Двойственен и финал повести: нельзя сказать наверняка, чем все кончилось – остался ли Мишель в лечебнице, где безжалостные врачи лечат его от безумия страшными процедурами, или вознесся в небеса, к шпилю католической церкви, с поющей мандрагорой в руках. Мишель в финале «женится на царице Савской и становится повелителем семи планет» – но это происходит в «чужой» сказке, в несуществующей книге, которую у рассказчика вдобавок крадут цыгане, иными словами, счастье Мишеля – тоже своего рода сновидение, фикция. Это вообще любимая стилистическая фигура Нодье. Типичная для него фраза (взятая из статьи 1835 г. «Библиография безумцев») звучит так: «Оставим эту забаву нашим рассудительным потомкам – если, конечно, у нас будут потомки и среди них найдутся рассудительные люди»;
[36]
в такой фразе конец опровергает начало и автор ничего не утверждает до конца и всерьез. По этой модели построен и финал «Феи Хлебных Крошек», оставляющий читателя в недоумении относительно подлинности описанных событий и развязки рассказанной истории: о судьбе Мишеля повествователь узнает из брошюрки, купленной у разносчика, – но ее украли цыгане; «Надеюсь, Даниэль, – сказал я, просыпаясь, – что цыганам книжка понравится». – «Наверняка понравится… – отвечал Даниэль, – если они ее прочтут».

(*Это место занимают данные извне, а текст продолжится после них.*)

-- ===== src/Storage/Laws/Fractions.antt =====
-- SaveBatch compares last sightings as RFC3339Nano prints them, which drops the zeros at the end of the
-- fraction of a second.
use asset_discovery.Asset.Types.{AssetSnapshot}
use asset_discovery.Prelude.{
  Bool, Gives, [], ap, arith, false, if◌then◌else◌, inl, inr, refl, some, suc, zero, ℕ, ◌%◌, ◌&&◌,
  ◌*◌, ◌++◌, ◌+◌, ◌/◌, ◌<◌, ◌==◌, ◌∙◌, ◌∷◌, ◌≡◌, ◌≢◌,
}
use asset_discovery.Prelude.Map.{lookup, lookup-insert_self}
use asset_discovery.Prelude.Text.{Text, is_empty, text}
use asset_discovery.Prelude.Text.Order.{text_ltb}
use asset_discovery.Prelude.Time.{Time, is_zero, second}
use asset_discovery.Storage.{AssetRow, Codec, Tables, conflict_asset, parse_time_str, time_fmt}
use asset_discovery.Storage.Laws.{save_batch_atomic}
use asset_discovery.Storage.Laws.Clean.{year_10000}
use asset_discovery.Storage.Laws.RoundTrip.{execute_all-snapshot, saved}
use asset_discovery.Storage.Save.{asset_row, save_batch}

-- The last digits of a number, the highest first.
unfoldable pub last_digits : ℕ → ℕ → Text
last_digits zero n = []
last_digits (suc k) n = last_digits k (n / 10) ++ (b'0' + n % 10) ∷ []

unfoldable pub drop_zeros : Text → Text
drop_zeros [] = []
drop_zeros (c ∷ s) = let rest = drop_zeros s in if is_empty rest && c == b'0' then [] else c ∷ rest

-- The fraction of so many nanoseconds.
unfoldable pub fraction : ℕ → Text
unfolding last_digits drop_zeros
fraction n = if n == 0 then [] else b'.' ∷ drop_zeros (last_digits 9 n)

-- What time documents of the layout RFC3339Nano in UTC: the second, then the fraction, then 'Z'; and
-- that a whole second is read back.
pub record NanoLaw (cx : Codec) : Type 0 where
  pub print_second : ℕ → Text
  pub printed :
      (t : Time)
      → t < year_10000
      → cx.format_time t ≡ print_second (t / second) ++ (fraction (t % second) ++ text "Z")
  pub parsed :
      (n : ℕ)
      → n * second < year_10000
      → parse_time_str cx (cx.format_time (n * second)) ≡ n * second

text_ltb-prefix : (p a b : Text) → text_ltb (p ++ a) (p ++ b) ≡ text_ltb a b
unfolding text_ltb
text_ltb-prefix [] a b = refl
text_ltb-prefix (c ∷ p) a b = ground (arith, text_ltb-prefix p a b)

-- Later in a second is less than the second itself.
later_is_less :
    (p : Text) (m : ℕ) → m ≢ 0 → text_ltb (p ++ text "Z") (p ++ (fraction m ++ text "Z")) ≡ false
unfolding fraction
later_is_less p m h =
    let z : (m == 0) ≡ false = ground arith in
    rw z (
      text_ltb-prefix p (text "Z") (b'.' ∷ (drop_zeros (last_digits 9 m) ++ text "Z"))
      ∙ unfold text_ltb in refl)

module _ (cx : Codec) (n : ℕ) (u : Time) (law : NanoLaw cx) (some_second : n ≢ 0)
    (later : n * second < u) (same : u < (n + 1) * second) (printable : u < year_10000) where
  printed_later : time_fmt cx u ≡ law.print_second n ++ (fraction (u % second) ++ text "Z")
  unfolding time_fmt
  printed_later =
      let d : u / second ≡ n = omega (arith, later, same) in
      let z : is_zero u ≡ false = ground (arith, later) in
      rw z (
        law.printed u printable
        ∙ ap (λ k. law.print_second k ++ (fraction (u % second) ++ text "Z")) d)

  printed_whole : time_fmt cx (n * second) ≡ law.print_second n ++ text "Z"
  unfolding time_fmt fraction
  printed_whole =
      let d : n * second / second ≡ n = omega arith in
      let m : n * second % second ≡ 0 = omega arith in
      let z : is_zero (n * second) ≡ false = ground (arith, some_second) in
      rw z (law.printed (n * second) (omega (arith, later, printable)) ∙ rw (d, m) refl)

  read_whole : parse_time_str cx (time_fmt cx (n * second)) ≡ n * second
  unfolding time_fmt
  read_whole =
      let z : is_zero (n * second) ≡ false = ground (arith, some_second) in
      rw z (law.parsed n (omega (arith, later, printable)))

  whole_not_less : text_ltb (time_fmt cx (n * second)) (time_fmt cx u) ≡ false
  whole_not_less =
      let m : u % second ≢ 0 = λ e. absurd (omega (arith, e, later, same)) in
      rw (printed_later, printed_whole) (later_is_less (law.print_second n) (u % second) m)

-- With times printed as RFC3339Nano documents, a row of an asset that was last seen at a whole second,
-- not the zero time, keeps that time when SaveBatch saves a snapshot of a later sighting within the same
-- second, before the year 10000, whether the batch is committed or not: the last sighting that is read
-- from the row is the earlier one.
pub later_sighting_unsaved :
    (cx : Codec) (fails : ℕ → Bool) (t : Tables) (s : AssetSnapshot) (old : AssetRow) (n : ℕ)
    → NanoLaw cx
    → lookup s.id t.assets ≡ some old
    → old.last_seen ≡ time_fmt cx (n * second)
    → n ≢ 0
    → n * second < s.last_seen
    → s.last_seen < (n + 1) * second
    → s.last_seen < year_10000
    → Gives
        (λ row. parse_time_str cx row.last_seen ≡ n * second)
        (lookup s.id (save_batch cx fails t (s ∷ [])).0.assets)
unfolding saved conflict_asset asset_row
later_sighting_unsaved cx fails t s old n law here seen some_second later same printable =
    let read : parse_time_str cx old.last_seen ≡ n * second =
      rw seen (read_whole cx n s.last_seen law some_second later same printable) in
    let not_less : text_ltb old.last_seen (time_fmt cx s.last_seen) ≡ false =
      rw seen (whole_not_less cx n s.last_seen law some_second later same printable) in
    elim (save_batch_atomic cx fails t (s ∷ [])) [
      | inl e ↦ rw e (
          rw (execute_all-snapshot cx s t)
            (rw (lookup-insert_self s.id _ t.assets) (rw here (rw not_less read))))
      | inr (e, w) ↦ rw e (rw here read)
    ]
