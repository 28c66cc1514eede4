-- ===== src/Storage/Laws/Rows.antt =====
-- Every statement of SaveBatch keeps the table of assets lawful.
use asset_discovery.Asset.Types.{AssetId, AssetSnapshot, IpEntry, Service}
use asset_discovery.Prelude.{
  All, All-append, Bool, Bool-cases, List, Option, [], inl, inr, none, refl, some, ℕ, ◌&&◌, ◌==◌,
  ◌∷◌, ◌≡◌,
}
use asset_discovery.Prelude.Map.{Map, lookup}
use asset_discovery.Prelude.Map.Laws.{Entries-insert, Entries-lookup}
use asset_discovery.Prelude.Text.{Text, is_empty}
use asset_discovery.Prelude.Time.{Time}
use asset_discovery.Storage.{
  AssetRow, Codec, HostnameRow, Statement, Tables, conflict_asset, execute, insert_asset,
  insert_hostname, insert_ip, insert_service,
}
use asset_discovery.Storage.Laws.{DbLaw, RowLaw, SavedLaw, execute_all, save_batch_atomic}
use asset_discovery.Storage.Save.{
  asset_row, batch_statements, hostname_row, replace_child_rows, save_batch, upsert_asset,
  upsert_hostnames, upsert_ip_rows, upsert_services,
}

-- A row of assets that a statement writes is lawful.
StatementLaw : Statement → Type 0
StatementLaw (insert_asset id row) = RowLaw id row
StatementLaw _ = Unit

conflict_asset-RowLaw :
    (id : AssetId) (o : Option AssetRow) (row : AssetRow)
    → ((old : AssetRow) → o ≡ some old → RowLaw id old)
    → RowLaw id row
    → RowLaw id (conflict_asset o row)
unfolding conflict_asset
conflict_asset-RowLaw id none row h l = l
conflict_asset-RowLaw id (some old) row h l = elim (Bool-cases (is_empty row.mac)) [
  | inl e ↦
      let k = h old refl in
      record {
        address = k.address;
        hardware = k.hardware;
        printed = rw e k.printed;
        named = k.named;
      }
  | inr e ↦ record {
    address = l.address;
    hardware = l.hardware;
    printed = rw e l.printed;
    named = l.named;
  }
]

execute-DbLaw : (st : Statement) (t : Tables) → StatementLaw st → DbLaw t → DbLaw (execute st t)
unfolding execute StatementLaw
execute-DbLaw (insert_asset id row) t l d =
    Entries-insert RowLaw id _ t.assets
      (conflict_asset-RowLaw id (lookup id t.assets) row
        (λ old e. Entries-lookup RowLaw id old t.assets d e) l)
      d
execute-DbLaw (insert_ip id ip row) t l d = d
execute-DbLaw (insert_hostname id h row) t l d = d
execute-DbLaw (insert_service id row) t l d = d

execute_all-DbLaw :
    (sts : List Statement) (t : Tables) → All StatementLaw sts → DbLaw t → DbLaw (execute_all sts t)
unfolding execute_all
execute_all-DbLaw [] t l d = d
execute_all-DbLaw (st ∷ sts) t l d =
    execute_all-DbLaw sts (execute st t) l.1 (execute-DbLaw st t l.0 d)

upsert_ip_rows-StatementLaw :
    (cx : Codec) (id : AssetId) (v : ℕ) (m : Map IpEntry)
    → All StatementLaw (upsert_ip_rows cx id v m)
unfolding upsert_ip_rows StatementLaw
upsert_ip_rows-StatementLaw cx id v [] = tt
upsert_ip_rows-StatementLaw cx id v ((ip, e) ∷ m) = (tt, upsert_ip_rows-StatementLaw cx id v m)

upsert_hostnames-StatementLaw :
    (id : AssetId) (row : HostnameRow) (hs : List Text)
    → All StatementLaw (upsert_hostnames id row hs)
unfolding upsert_hostnames StatementLaw
upsert_hostnames-StatementLaw id row [] = tt
upsert_hostnames-StatementLaw id row (h ∷ hs) = elim (Bool-cases (is_empty h)) [
  | inl e ↦ rw e (upsert_hostnames-StatementLaw id row hs)
  | inr e ↦ rw e (tt, upsert_hostnames-StatementLaw id row hs)
]

upsert_services-StatementLaw :
    (cx : Codec) (id : AssetId) (at : Time) (svcs : List Service)
    → All StatementLaw (upsert_services cx id at svcs)
unfolding upsert_services StatementLaw
upsert_services-StatementLaw cx id at [] = tt
upsert_services-StatementLaw cx id at (svc ∷ svcs) =
    elim (Bool-cases (is_empty svc.protocol && svc.port == 0)) [
      | inl e ↦ rw e (upsert_services-StatementLaw cx id at svcs)
      | inr e ↦ rw e (tt, upsert_services-StatementLaw cx id at svcs)
    ]

replace_child_rows-StatementLaw :
    (cx : Codec) (s : AssetSnapshot) → All StatementLaw (replace_child_rows cx s)
unfolding replace_child_rows
replace_child_rows-StatementLaw cx s =
    let v4 = upsert_ip_rows-StatementLaw cx s.id 4 s.ipv4s in
    let v6 = upsert_ip_rows-StatementLaw cx s.id 6 s.ipv6s in
    let names = upsert_hostnames-StatementLaw s.id (hostname_row cx s) s.hostnames in
    let svcs = upsert_services-StatementLaw cx s.id s.last_seen s.services in
    All-append StatementLaw _ _ v4
      (All-append StatementLaw _ _ v6 (All-append StatementLaw _ _ names svcs))

batch_statements-StatementLaw :
    (cx : Codec) (ss : List AssetSnapshot)
    → All SavedLaw ss
    → All StatementLaw (batch_statements cx ss)
unfolding batch_statements upsert_asset StatementLaw asset_row
batch_statements-StatementLaw cx [] l = tt
batch_statements-StatementLaw cx (s ∷ ss) l = (
  record { address = s.mac; hardware = l.0.hardware; printed = refl; named = l.0.law },
  All-append StatementLaw _ _ (replace_child_rows-StatementLaw cx s)
      (batch_statements-StatementLaw cx ss l.1),
)

-- Whether or not the batch commits.
pub save_batch-DbLaw :
    (cx : Codec) (fails : ℕ → Bool) (t : Tables) (ss : List AssetSnapshot)
    → DbLaw t
    → All SavedLaw ss
    → DbLaw (save_batch cx fails t ss).0
save_batch-DbLaw cx fails t ss d l = elim (save_batch_atomic cx fails t ss) [
  | inl e ↦ rw e (execute_all-DbLaw _ t (batch_statements-StatementLaw cx ss l) d)
  | inr (e, w) ↦ rw e d
]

Одним словом, итог «Феи» не слишком радостный – честность и доброта вознаграждаются, но только в сказке; но и не слишком грустный – все-таки он позволяет надеяться, что порой они вознаграждаются. А по Нодье, именно такова и должна быть цель сказки – внушить утешение и надежду. Два главных святилища свободы, писал Нодье в статье «О фантастическом в литературе», – это «вера религиозного человека и воображение поэта. Какую иную награду пообещаете вы душе, глубоко раненной жизнью, к какому иному будущему сможет она впредь приготовиться в страхе после стольких рухнувших надежд, которые уносят с собой революции?».
[37]
В. Мильчина
Предисловие читателю, который читает предисловия
Объявляю вам, друг мой, – ибо, кто бы вы ни были, я даю вам это имя, а в моих устах оно, будьте уверены, звучит искреннее и бескорыстнее, чем в любых других, – объявляю вам, что для меня нет большей радости, чем читать, слушать или рассказывать самому фантастические истории, – не считая, конечно, радости, которую я чувствую, доставляя удовольствие вам.